GIVEN INFORMATION:
·····

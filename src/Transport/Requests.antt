-- ===== src/Transport/Requests.antt =====
-- What a whole request promises, under either policy.
use snow_cli.Base.{
  ◌≢◌, All-weaken, append-nil, ◌∙◌, inr, inl, ◌⊎◌, err, sym, subst, length, arith, All, ℕ, ap,
  Result, Option, Text, List, [], ◌≤◌, refl, ◌++◌, ◌∷◌, true, ok, ◌≡◌,
}
use snow_cli.Transport.{
  request_with_headers, attempts, max_auth_retries, Client, is_success, Response, ClientError,
  Event, Draft, World, request_inner, authorize_instance_request,
}
use snow_cli.Transport.Runs.{IsAfter, bind_cases}
use snow_cli.Transport.Laws.{Run, attempts-Run}
use snow_cli.Origin.{resolve_authenticated_url, UrlCrate}
use snow_cli.Origin.Laws.{IsResolved, resolve_authenticated_url_iff}
use snow_cli.Policy.Laws.{
  ensure_raw_api_headers_allowed_iff, IsPlainHeader, ensure_request_allowed_lem,
}
use snow_cli.Json.{Value}
use snow_cli.Policy.{
  ensure_raw_api_headers_allowed, read_only, ensure_request_allowed, method_get, full_access,
  Method,
}
use snow_cli.Table.{Params}
use snow_cli.Transport.Drafts.{drafts, IsMade, Run-drafts, Run-ok}

module _ {S E Q U N : Type 0} (world : World S E Q) (crate : UrlCrate U)
    (parse_json : Text → Option (Value N)) (parse_http_date : Text → Option ℕ) where
  -- The draft of a request, without the headers.
  abbrev pub draft_of : Method → Text → Params → Option Text → Draft
  draft_of method url params body = record {
    method = method;
    url = url;
    headers = [];
    params = params;
    body = body;
  }

  -- The end of a request that is refused, or one that is sent to the URL.
  abbrev pub IsRequest :
      Method
      → Text
      → Option Text
      → Params
      → List (Text × Text)
      → Client S
      → Result (ClientError E) Response × Client S
      → Type 0
  IsRequest method path body params extra client out =
      ((e : ClientError E) × (authorize_instance_request world crate parse_json parse_http_date
            method path client
          ≡ err e)
        × (out ≡ (err e, client)))
      ⊎ ((url : Text) × (authorize_instance_request world crate parse_json parse_http_date method
              path client
            ≡ ok url)
          × IsAfter client
              (Run world crate parse_json parse_http_date client.base_url
                (draft_of method url params body) extra max_auth_retries)
              out)

  -- A request with its retry either is refused before anything is sent, by the policy or because the
  -- URL is not one of the instance, and then nothing changes; or it goes by a run with one retry to its
  -- URL. In a run the authenticator gives its headers, the request is built and sent, and the headers of
  -- the answer are observed, each from the state of the world that the last step left. If a step fails,
  -- its error is the result. If the answer is 401 and the retry is left, the credentials are refreshed:
  -- if that fails, its error is the result; only if they were renewed is the request sent again, as
  -- before. Every other answer, also a 401 that is not renewed or comes to the retry, is the last one,
  -- and the result is what it is concluded to.
  pub request_inner-Run :
      (method : Method) (path : Text) (body : Option Text) (params : Params)
      (extra : List (Text × Text)) (client : Client S)
      → IsRequest method path body params extra client (
          request_inner world crate parse_json parse_http_date method path body params extra client)
  unfolding request_inner
  request_inner-Run method path body params extra client =
      bind_cases (IsRequest method path body params extra client)
        (λ c. (authorize_instance_request world crate parse_json parse_http_date method path c, c))
        (λ url.
          attempts world crate parse_json parse_http_date max_auth_retries
            (draft_of method url params body) extra)
        client (λ e h. inl (e, h, refl))
        (λ url h. inr (
          url,
          h,
          attempts-Run world crate parse_json parse_http_date max_auth_retries
              (draft_of method url params body) extra client,
        ))

  authorize_lem :
      (method : Method) (path url : Text) (client : Client S)
      → authorize_instance_request world crate parse_json parse_http_date method path client
        ≡ ok url
      → ((client.policy.mode ≡ full_access) ⊎ (method ≡ method_get))
        × IsResolved crate client.base_url path url
  unfolding authorize_instance_request
  authorize_lem method path url client h =
      let allowed = ensure_request_allowed client.policy method path in
      let resolved = resolve_authenticated_url crate client.base_url path in
      let parts : (allowed ≡ ok tt) × (resolved ≡ ok url) = ground arith in
      (
        (ensure_request_allowed_lem client.policy method path).0.0 parts.0,
        (resolve_authenticated_url_iff crate client.base_url path url).0 parts.1,
      )

  -- A request that may be sent for the given one.
  abbrev pub IsSafeDraft : Method → Text → Option Text → Params → Client S → Draft → Type 0
  IsSafeDraft method path body params client made =
      (made.method ≡ method)
      × (made.params ≡ params)
      × (made.body ≡ body)
      × ((client.policy.mode ≡ full_access) ⊎ (made.method ≡ method_get))
      × IsResolved crate client.base_url path made.url

  -- Every request that is sent has the given method, parameters and body, and a URL of the instance:
  -- the instance's URL and the request's are safe and have the same scheme, host and port. Under the
  -- read-only policy its method is GET. At most two requests are sent, and a response that is returned
  -- has a status of success.
  pub request_inner-IsSafe :
      (method : Method) (path : Text) (body : Option Text) (params : Params)
      (extra : List (Text × Text)) (client : Client S)
      → let out =
          request_inner world crate parse_json parse_http_date method path body params extra
            client in
        (events : List Event) × (out.1.events ≡ client.events ++ events)
        × (length (drafts events) ≤ 2)
        × All (IsSafeDraft method path body params client) (drafts events)
        × ((response : Response) → out.0 ≡ ok response → is_success response.status ≡ true)
  unfolding drafts
  request_inner-IsSafe method path body params extra client =
      elim (request_inner-Run method path body params extra client) [
        | inl (e, refused, same) ↦ (
          [],
          ap (λ out. out.1.events) same ∙ sym (append-nil client.events),
          ground arith,
          tt,
          λ response h. absurd (ground arith),
        )
        | inr (url, authorized, after) ↦
            let (events, same, run, base, policy) = after in
            let (made, few) =
              Run-drafts world crate parse_json parse_http_date client.base_url
                (draft_of method url params body) extra run in
            let (allowed, resolved) = authorize_lem method path url client authorized in
            (
              events,
              same,
              few,
              All-weaken (IsMade (draft_of method url params body) extra)
                  (IsSafeDraft method path body params client)
                  (λ draft h.
                    subst (IsSafeDraft method path body params client) (sym h.1)
                      (refl, refl, refl, allowed, resolved))
                  (drafts events) made,
              Run-ok world crate parse_json parse_http_date client.base_url
                  (draft_of method url params body) extra run,
            )
      ]

  -- What a raw request in read-only mode has added.
  abbrev pub IsRawRead :
      Method → List (Text × Text) → Client S → Result (ClientError E) Response × Client S → Type 0
  IsRawRead method extra client out =
      (events : List Event) × (out.1.events ≡ client.events ++ events)
      × ((drafts events ≡ []) ⊎ ((method ≡ method_get) × All IsPlainHeader extra))

  -- Under the read-only policy a raw request either sends nothing, or its method is GET and none of its
  -- headers overrides the method.
  pub request_with_headers-IsRawRead :
      (method : Method) (path : Text) (body : Option Text) (params : Params)
      (extra : List (Text × Text)) (client : Client S)
      → client.policy.mode ≡ read_only
      → IsRawRead method extra client (
          request_with_headers world crate parse_json parse_http_date method path body params extra
            client)
  unfolding request_with_headers drafts
  request_with_headers-IsRawRead method path body params extra client reader_mode =
      bind_cases (IsRawRead method extra client) _
        (λ _. request_inner world crate parse_json parse_http_date method path body params extra)
        client (λ e h. ([], sym (append-nil client.events), inl refl))
        (λ _ h.
          let (events, same, few, safe, success) =
            request_inner-IsSafe method path body params extra client in
          let headers = ensure_raw_api_headers_allowed client.policy method extra in
          let checked : headers ≡ ok tt = ground arith in
          (
            events,
            same,
            by_drafts (drafts events) safe
                ((ensure_raw_api_headers_allowed_iff client.policy method extra).0 checked),
          ))
    where
      by_drafts :
          (made : List Draft)
          → All (IsSafeDraft method path body params client) made
          → (client.policy.mode ≡ full_access) ⊎ (method ≢ method_get) ⊎ All IsPlainHeader extra
          → (made ≡ []) ⊎ ((method ≡ method_get) × All IsPlainHeader extra)
      by_drafts [] safe plain = inl refl
      by_drafts (draft ∷ made) safe plain =
          let (same_method, _, _, allowed, _) = safe.0 in
          let is_get : method ≡ method_get = ground arith in
          elim plain [
            | inl full ↦ absurd (ground arith)
            | inr (inl other) ↦ absurd (other is_get)
            | inr (inr headers) ↦ inr (is_get, headers)
          ]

·····

WHAT YOU SHOULD DO: In the data above, find the line that contains "Run-ok world crate" and the line that contains "params client) made". Repeat exactly those lines and every line between them, and only those.

RESULT FOR THIS TASK:
              Run-ok world crate parse_json parse_http_date client.base_url
                  (draft_of method url params body) extra run,
            )
      ]

  -- What a raw request in read-only mode has added.
  abbrev pub IsRawRead :
      Method → List (Text × Text) → Client S → Result (ClientError E) Response × Client S → Type 0
  IsRawRead method extra client out =
      (events : List Event) × (out.1.events ≡ client.events ++ events)
      × ((drafts events ≡ []) ⊎ ((method ≡ method_get) × All IsPlainHeader extra))

  -- Under the read-only policy a raw request either sends nothing, or its method is GET and none of its
  -- headers overrides the method.
  pub request_with_headers-IsRawRead :
      (method : Method) (path : Text) (body : Option Text) (params : Params)
      (extra : List (Text × Text)) (client : Client S)
      → client.policy.mode ≡ read_only
      → IsRawRead method extra client (
          request_with_headers world crate parse_json parse_http_date method path body params extra
            client)
  unfolding request_with_headers drafts
  request_with_headers-IsRawRead method path body params extra client reader_mode =
      bind_cases (IsRawRead method extra client) _
        (λ _. request_inner world crate parse_json parse_http_date method path body params extra)
        client (λ e h. ([], sym (append-nil client.events), inl refl))
        (λ _ h.
          let (events, same, few, safe, success) =
            request_inner-IsSafe method path body params extra client in
          let headers = ensure_raw_api_headers_allowed client.policy method extra in
          let checked : headers ≡ ok tt = ground arith in
          (
            events,
            same,
            by_drafts (drafts events) safe
                ((ensure_raw_api_headers_allowed_iff client.policy method extra).0 checked),
          ))
    where
      by_drafts :
          (made : List Draft)
          → All (IsSafeDraft method path body params client) made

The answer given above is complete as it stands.